Stored items
# # #

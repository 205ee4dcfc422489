-- ===== src/Targz/Tar/Rounds.antt =====
-- One round of `tarConsume` in closed form: a run that leaves the stage open, and one that ends it.
use spangap_core.Base.{
  ℕ, ◌+◌, ◌-◌, ◌≤◌, ◌<◌, ◌≡◌, List, [], ◌++◌, Bool, true, false, arith, if◌then◌else◌, length, take,
  drop, length-take, length-append, min, lt→ltb, le→ltb, ne→==, take-all, drop-all,
}
use spangap_core.Targz.Header.{tar_block}
use spangap_core.Targz.Tar.{
  Err, ok, err_sink, tar_hdr, Callbacks, Tar, end_entry, tar_header, hdr_step, data_step, pad_step,
}

-- The result of a round with what is left of the run behind it.
abbrev pub with_rest {ℓ} : {Ctx : Type 0} {R : Type ℓ} → Err × Tar Ctx → R → Err × Tar Ctx × R
with_rest (e, r) rest = (e, r, rest)

-- The rounds of the header stage, on a run that does not fill the block and on one that does.
module _ (cb : Callbacks) (r : Tar cb.Ctx) where
  pub hdr_step-short :
      (p : List ℕ)
      → length r.hdr + length p < 512
      → hdr_step cb r p ≡ (ok, record r { hdr = r.hdr ++ p }, [])
  unfolding hdr_step
  hdr_step-short p h = rw (
    min_all,
    take-all (length p) p (omega arith),
    drop-all (length p) p (omega arith),
    lt→ltb (length (r.hdr ++ p)) 512 (omega (arith, length-append r.hdr p)),
  )
    where
      min_all : min (tar_block - length r.hdr) (length p) ≡ length p
      min_all = omega arith

  pub hdr_step-full :
      (p : List ℕ) (n : ℕ)
      → n + length r.hdr ≡ 512
      → n ≤ length p
      → hdr_step cb r p
        ≡ with_rest (tar_header cb (record r { hdr = [] }) (r.hdr ++ take n p)) (drop n p)
  unfolding hdr_step
  hdr_step-full p n hn h = rw (
    min_need,
    le→ltb (length (r.hdr ++ take n p)) 512
        (omega (arith, length-append r.hdr (take n p), length-take n p)),
  )
    where
      min_need : min (tar_block - length r.hdr) (length p) ≡ n
      min_need = omega arith

-- The rounds of the padding.
module _ (cb : Callbacks) (r : Tar cb.Ctx) where
  pub pad_step-short :
      (p : List ℕ)
      → length p < r.pad
      → pad_step cb r p ≡ (ok, record r { pad = r.pad - length p }, [])
  unfolding pad_step
  pad_step-short p h =
      rw (least, drop-all (length p) p (omega arith), ne→== (r.pad - length p) 0 (λ e. omega arith))
    where
      least : min r.pad (length p) ≡ length p
      least = omega arith

  pub pad_step-full :
      (p : List ℕ)
      → r.pad ≤ length p
      → pad_step cb r p ≡ (ok, record r { pad = 0; stage = tar_hdr }, drop r.pad p)
  unfolding pad_step
  pad_step-full p h = rw (least, nothing)
    where
      least : min r.pad (length p) ≡ r.pad
      least = omega arith

      nothing : r.pad - r.pad ≡ 0
      nothing = omega arith

-- The rounds of a body: what the receiver answered decides.
module _ (cb : Callbacks) (r : Tar cb.Ctx) where
  open cb use {Ctx, on_data}

  abbrev pub body : List ℕ → Bool × Ctx
  body bytes = if r.in_file then on_data r.ctx bytes else (true, r.ctx)

  pub data_step-short :
      (p : List ℕ)
      → length p < r.pending
      → (body p).0 ≡ true
      → data_step cb r p ≡ (ok, record r { ctx = (body p).1; pending = r.pending - length p }, [])
  unfolding data_step
  data_step-short p h fine = rw (
    least,
    take-all (length p) p (omega arith),
    drop-all (length p) p (omega arith),
    fine,
    ne→== (r.pending - length p) 0 (λ e. omega arith),
  )
    where
      least : min r.pending (length p) ≡ length p
      least = omega arith

  pub data_step-full :
      (p : List ℕ)
      → r.pending ≤ length p
      → (body (take r.pending p)).0 ≡ true
      → data_step cb r p
        ≡ with_rest
            (end_entry cb (record r { ctx = (body (take r.pending p)).1; pending = 0 }))
            (drop r.pending p)
  unfolding data_step
  data_step-full p h fine = rw (least, fine, nothing)
    where
      least : min r.pending (length p) ≡ r.pending
      least = omega arith

      nothing : r.pending - r.pending ≡ 0
      nothing = omega arith

  pub data_step-fails :
      (p b : List ℕ)
      → take (min r.pending (length p)) p ≡ b
      → (body b).0 ≡ false
      → data_step cb r p ≡ (err_sink, record r { ctx = (body b).1 }, p)
  unfolding data_step
  data_step-fails p b e bad = rw (e, bad)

# # #

▶ **The problem**:
Print each entry above exactly as given.

▶ **Expected answer**:
repository 205ee4dcfc422489
-- ===== src/Targz/Tar/Rounds.antt =====
-- One round of `tarConsume` in closed form: a run that leaves the stage open, and one that ends it.
use spangap_core.Base.{
  ℕ, ◌+◌, ◌-◌, ◌≤◌, ◌<◌, ◌≡◌, List, [], ◌++◌, Bool, true, false, arith, if◌then◌else◌, length, take,
  drop, length-take, length-append, min, lt→ltb, le→ltb, ne→==, take-all, drop-all,
}
use spangap_core.Targz.Header.{tar_block}
use spangap_core.Targz.Tar.{
  Err, ok, err_sink, tar_hdr, Callbacks, Tar, end_entry, tar_header, hdr_step, data_step, pad_step,
}

-- The result of a round with what is left of the run behind it.
abbrev pub with_rest {ℓ} : {Ctx : Type 0} {R : Type ℓ} → Err × Tar Ctx → R → Err × Tar Ctx × R
with_rest (e, r) rest = (e, r, rest)

-- The rounds of the header stage, on a run that does not fill the block and on one that does.
module _ (cb : Callbacks) (r : Tar cb.Ctx) where
  pub hdr_step-short :
      (p : List ℕ)
      → length r.hdr + length p < 512
      → hdr_step cb r p ≡ (ok, record r { hdr = r.hdr ++ p }, [])
  unfolding hdr_step
  hdr_step-short p h = rw (
    min_all,
    take-all (length p) p (omega arith),
    drop-all (length p) p (omega arith),
    lt→ltb (length (r.hdr ++ p)) 512 (omega (arith, length-append r.hdr p)),
  )
    where
      min_all : min (tar_block - length r.hdr) (length p) ≡ length p
      min_all = omega arith

  pub hdr_step-full :
      (p : List ℕ) (n : ℕ)
      → n + length r.hdr ≡ 512
      → n ≤ length p
      → hdr_step cb r p
        ≡ with_rest (tar_header cb (record r { hdr = [] }) (r.hdr ++ take n p)) (drop n p)
  unfolding hdr_step
  hdr_step-full p n hn h = rw (
    min_need,
    le→ltb (length (r.hdr ++ take n p)) 512
        (omega (arith, length-append r.hdr (take n p), length-take n p)),
  )
    where
      min_need : min (tar_block - length r.hdr) (length p) ≡ n
      min_need = omega arith

-- The rounds of the padding.
module _ (cb : Callbacks) (r : Tar cb.Ctx) where
  pub pad_step-short :
      (p : List ℕ)
      → length p < r.pad
      → pad_step cb r p ≡ (ok, record r { pad = r.pad - length p }, [])
  unfolding pad_step
  pad_step-short p h =
      rw (least, drop-all (length p) p (omega arith), ne→== (r.pad - length p) 0 (λ e. omega arith))
    where
      least : min r.pad (length p) ≡ length p
      least = omega arith

  pub pad_step-full :
      (p : List ℕ)
      → r.pad ≤ length p
      → pad_step cb r p ≡ (ok, record r { pad = 0; stage = tar_hdr }, drop r.pad p)
  unfolding pad_step
  pad_step-full p h = rw (least, nothing)
    where
      least : min r.pad (length p) ≡ r.pad
      least = omega arith

      nothing : r.pad - r.pad ≡ 0
      nothing = omega arith

-- The rounds of a body: what the receiver answered decides.
module _ (cb : Callbacks) (r : Tar cb.Ctx) where
  open cb use {Ctx, on_data}

  abbrev pub body : List ℕ → Bool × Ctx
  body bytes = if r.in_file then on_data r.ctx bytes else (true, r.ctx)

  pub data_step-short :
      (p : List ℕ)
      → length p < r.pending
      → (body p).0 ≡ true
      → data_step cb r p ≡ (ok, record r { ctx = (body p).1; pending = r.pending - length p }, [])
  unfolding data_step
  data_step-short p h fine = rw (
    least,
    take-all (length p) p (omega arith),
    drop-all (length p) p (omega arith),
    fine,
    ne→== (r.pending - length p) 0 (λ e. omega arith),
  )
    where
      least : min r.pending (length p) ≡ length p
      least = omega arith

  pub data_step-full :
      (p : List ℕ)
      → r.pending ≤ length p
      → (body (take r.pending p)).0 ≡ true
      → data_step cb r p
        ≡ with_rest
            (end_entry cb (record r { ctx = (body (take r.pending p)).1; pending = 0 }))
            (drop r.pending p)
  unfolding data_step
  data_step-full p h fine = rw (least, fine, nothing)
    where
      least : min r.pending (length p) ≡ r.pending
      least = omega arith

      nothing : r.pending - r.pending ≡ 0
      nothing = omega arith

  pub data_step-fails :
      (p b : List ℕ)
      → take (min r.pending (length p)) p ≡ b
      → (body b).0 ≡ false
      → data_step cb r p ≡ (err_sink, record r { ctx = (body b).1 }, p)
  unfolding data_step
  data_step-fails p b e bad = rw (e, bad)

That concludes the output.